# In Memoriam



## Steerpike (Mar 17, 2014)

I just wanted to post something to mark the passing of my friend Stan. None here would have known him, but it seems right to share. He was an avid fan of fantasy, procurer of great scotch and cigars, and an all around great guy. He is pictured below at an SCA event. Stan is the one in the middle. He will be missed.


----------



## Ireth (Mar 17, 2014)

Sorry for your loss, Steerpike. Rest in peace, Stan.


----------



## Steerpike (Mar 17, 2014)

Thank you, Ireth. I appreciate it.


----------



## Steerpike (Mar 17, 2014)

And practicing for an SCA event. He was a big guy - I wouldn't want to go up against him.


----------



## The Blue Lotus (Mar 17, 2014)

I'm sorry for your loss Steerpike. 
I hope you and his family find some comfort soon. 
Hugs, 
~BL~


----------



## Philip Overby (Mar 17, 2014)

Sorry to hear this. My thoughts are with Stan's friends and family.


----------



## TWErvin2 (Mar 17, 2014)

Sorry to learn of your loss, and for the family and other friends of Stan.


----------



## Ankari (Mar 18, 2014)

My condolences to you and Stan's family.


----------



## Sheilawisz (Mar 18, 2014)

Steerpike, I am sorry for the loss of your dear friend Stan.

Thanks for sharing the pictures, he looked like a very nice person. I am sure that you enjoyed a great friendship, and that you shall keep loads of happy memories of your times together. I send you a virtual hug, and my thoughts are with all of Stan's family and friends.
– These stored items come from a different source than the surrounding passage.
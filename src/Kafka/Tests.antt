-- ===== src/Kafka/Tests.antt =====
-- The inspection of record batches of crates/shard-stream-kafka at concrete inputs.
use shard_stream.Prelude.{ℕ, ◌≡◌, ◌⊎◌, refl, Option, none, some, List, [], ◌∷◌, ◌++◌}
use shard_stream.Prelude.Bytes.{Bytes}
use shard_stream.Prelude.Results.{ok, err}
use shard_stream.Kafka.Record.{
  ResponseError, invalid_producer_epoch, Compression, inspect_record, validate_record_data,
  validate_record_frames, read_varint, read_varlong, read_shifts, read_byte, take_bytes,
  skip_nullable_bytes,
}
use shard_stream.Kafka.Batch.{
  InspectedRecordBatches, inspect_record_batches, inspect_batch, inspect_header, update_producer,
}
use shard_stream.Prelude.Integers.{pos, negsuc}
use shard_stream.Kafka.Record.Varint.{write_varint, write_varlong}
use shard_stream.Kafka.Record.Accepts.{Content, records_bytes, record_bytes, AllContent}
use shard_stream.Kafka.Batch.Writer.{Writer, Batch}
use shard_stream.Kafka.Batch.Round.{request_bytes}
use shard_stream.Kafka.Batch.Request.{AreBatches, inspect-request_bytes}
use shard_stream.Prelude.{arith}
use shard_stream.Kafka.Batch.Total.{IsInspected, inspect_record_batches_total}

-- A checksum that is the same for all bytes.
abbrev no_crc : Bytes → ℕ
no_crc bytes = 0

abbrev no_codec : Compression → Bytes → Option Bytes
no_codec codec bytes = none

-- Two records of producer 7 from its sequence 100, and one more from 102.
abbrev two_records : Bytes
two_records =
    0 ∷ 0 ∷ 0 ∷ 0 ∷ 0 ∷ 0 ∷ 0 ∷ 0 ∷ 0 ∷ 0 ∷ 0 ∷ 63 ∷ 0 ∷ 0 ∷ 0 ∷ 0 ∷ 2 ∷ 0 ∷ 0 ∷ 0 ∷ 0 ∷ 0 ∷ 0 ∷ 0
    ∷ 0 ∷ 0 ∷ 1 ∷ 0 ∷ 0 ∷ 0 ∷ 0 ∷ 0 ∷ 0 ∷ 0 ∷ 0 ∷ 0 ∷ 0 ∷ 0 ∷ 0 ∷ 0 ∷ 0 ∷ 0 ∷ 0 ∷ 0 ∷ 0 ∷ 0 ∷ 0 ∷ 0
    ∷ 0 ∷ 0 ∷ 7 ∷ 0 ∷ 2 ∷ 0 ∷ 0 ∷ 0 ∷ 100 ∷ 0 ∷ 0 ∷ 0 ∷ 2 ∷ 12 ∷ 0 ∷ 0 ∷ 0 ∷ 1 ∷ 1 ∷ 0 ∷ 12 ∷ 0 ∷ 0
    ∷ 2 ∷ 1 ∷ 1 ∷ 0 ∷ []

abbrev third_record : Bytes
third_record =
    0 ∷ 0 ∷ 0 ∷ 0 ∷ 0 ∷ 0 ∷ 0 ∷ 0 ∷ 0 ∷ 0 ∷ 0 ∷ 56 ∷ 0 ∷ 0 ∷ 0 ∷ 0 ∷ 2 ∷ 0 ∷ 0 ∷ 0 ∷ 0 ∷ 0 ∷ 0 ∷ 0
    ∷ 0 ∷ 0 ∷ 0 ∷ 0 ∷ 0 ∷ 0 ∷ 0 ∷ 0 ∷ 0 ∷ 0 ∷ 0 ∷ 0 ∷ 0 ∷ 0 ∷ 0 ∷ 0 ∷ 0 ∷ 0 ∷ 0 ∷ 0 ∷ 0 ∷ 0 ∷ 0 ∷ 0
    ∷ 0 ∷ 0 ∷ 7 ∷ 0 ∷ 2 ∷ 0 ∷ 0 ∷ 0 ∷ 102 ∷ 0 ∷ 0 ∷ 0 ∷ 1 ∷ 12 ∷ 0 ∷ 0 ∷ 0 ∷ 1 ∷ 1 ∷ 0 ∷ []

abbrev three_records : InspectedRecordBatches
three_records = record {
  record_count = 3;
  producer = some (record { producer_id = 7; epoch = 2; first_sequence = 100; event_id = none });
}

contiguous_run :
    inspect_record_batches no_crc no_codec (two_records ++ third_record) ≡ ok three_records
unfolding inspect_record_batches inspect_batch inspect_header inspect_record validate_record_data
    validate_record_frames update_producer read_varint read_varlong read_shifts read_byte take_bytes
    skip_nullable_bytes
contiguous_run = refl

-- The batches of a producer in the other order.
swapped_run :
    inspect_record_batches no_crc no_codec (third_record ++ two_records)
    ≡ err invalid_producer_epoch
unfolding inspect_record_batches inspect_batch inspect_header inspect_record validate_record_data
    validate_record_frames update_producer read_varint read_varlong read_shifts read_byte take_bytes
    skip_nullable_bytes
swapped_run = refl

inspect_record_batches_total_example :
    ((e : ResponseError) × (inspect_record_batches no_crc no_codec (two_records ++ third_record)
        ≡ err e))
    ⊎ ((r : InspectedRecordBatches) × (inspect_record_batches no_crc no_codec
            (two_records ++ third_record)
          ≡ ok r)
        × IsInspected r)
inspect_record_batches_total_example =
    inspect_record_batches_total no_crc no_codec (two_records ++ third_record)

abbrev contents : List Content
contents =
    record {
      attributes = 0;
      timestamp_delta = pos 0;
      key = none;
      value = some (104 ∷ 105 ∷ []);
      headers = (107 ∷ [], none) ∷ [];
    }
    ∷ record {
      attributes = 0;
      timestamp_delta = negsuc 300;
      key = some (1 ∷ []);
      value = none;
      headers = [];
    }
    ∷ []

contents_run :
    records_bytes 0 contents
    ≡ 22 ∷ 0 ∷ 0 ∷ 0 ∷ 1 ∷ 4 ∷ 104 ∷ 105 ∷ 2 ∷ 2 ∷ 107 ∷ 1 ∷ 16 ∷ 0 ∷ 217 ∷ 4 ∷ 2 ∷ 2 ∷ 1 ∷ 1 ∷ 0
      ∷ []
unfolding records_bytes record_bytes write_varint write_varlong
contents_run = refl

contents-AllContent : AllContent 0 contents
unfolding record_bytes write_varint write_varlong
contents-AllContent = omega arith

abbrev first_batch : Batch
first_batch = record {
  base_offset = 0;
  leader_epoch = 0;
  base_timestamp = 1700000000000;
  max_timestamp = 1700000000000;
  records = contents;
}

abbrev producer_7 : Writer
producer_7 = record { id = 7; epoch = 2 }

first_batch-AreBatches : AreBatches (first_batch ∷ first_batch ∷ [])
unfolding records_bytes record_bytes write_varint write_varlong
first_batch-AreBatches = omega arith

inspect-request_bytes_example :
    inspect_record_batches no_crc no_codec
      (request_bytes no_crc (some producer_7) 100 (first_batch ∷ first_batch ∷ []))
    ≡ ok (record {
      record_count = 4;
      producer =
          some (record { producer_id = 7; epoch = 2; first_sequence = 100; event_id = none });
    })
unfolding request_bytes records_bytes record_bytes write_varint write_varlong
inspect-request_bytes_example =
    inspect-request_bytes no_crc no_codec (λ bytes. omega arith) (some producer_7) 100 first_batch
      (first_batch ∷ []) (omega arith, omega arith) first_batch-AreBatches (omega arith)
      (omega arith) (omega arith)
Take care, Steer, we hope that you will feel better soon.


----------



## Penpilot (Mar 18, 2014)

Sorry to hear about your loss. All my sympathies to you and Stan's family.


----------



## A. E. Lowan (Mar 18, 2014)

Please accept our sympathies, Steer.  We hope you and your friend's family find peace and comfort.


----------



## buyjupiter (Mar 18, 2014)

I'm so sorry to hear that you've lost a dear friend, Steer.


----------



## Noma Galway (Mar 18, 2014)

I'm sorry for your loss, and my thoughts are with his friends and family.


----------



## T.Allen.Smith (Mar 18, 2014)

Sorry to hear Steerpike. 

Loss is never easy.


----------



## Devor (Mar 18, 2014)

It bites beyond words to lose a friend Steerpike.  Losing someone is always rough, but it's awesome that you're remembering him this way.  He sounds like a great guy.

I'll say a prayer for Stan and his family, hoping that everyone's grief remains healthy through this difficult time.


----------



## Legendary Sidekick (Mar 18, 2014)

SCA... fun stuff, sounds like a good and cheerful guy. Sorry for your loss, SP.


----------



## Ruby (Mar 18, 2014)

Dear Steerpike, I'm really sorry to hear of the loss of your friend. Please accept my sincere condolences.


----------



## JRFLynn (Mar 18, 2014)

I'm sorry about your friend, Stan. Please accept my condolences to you and his family.


----------



## Steerpike (Mar 18, 2014)

Thank you, everyone. I appreciate the kind words!


----------



## Reaver (Mar 19, 2014)

My condolences Steerpike.


----------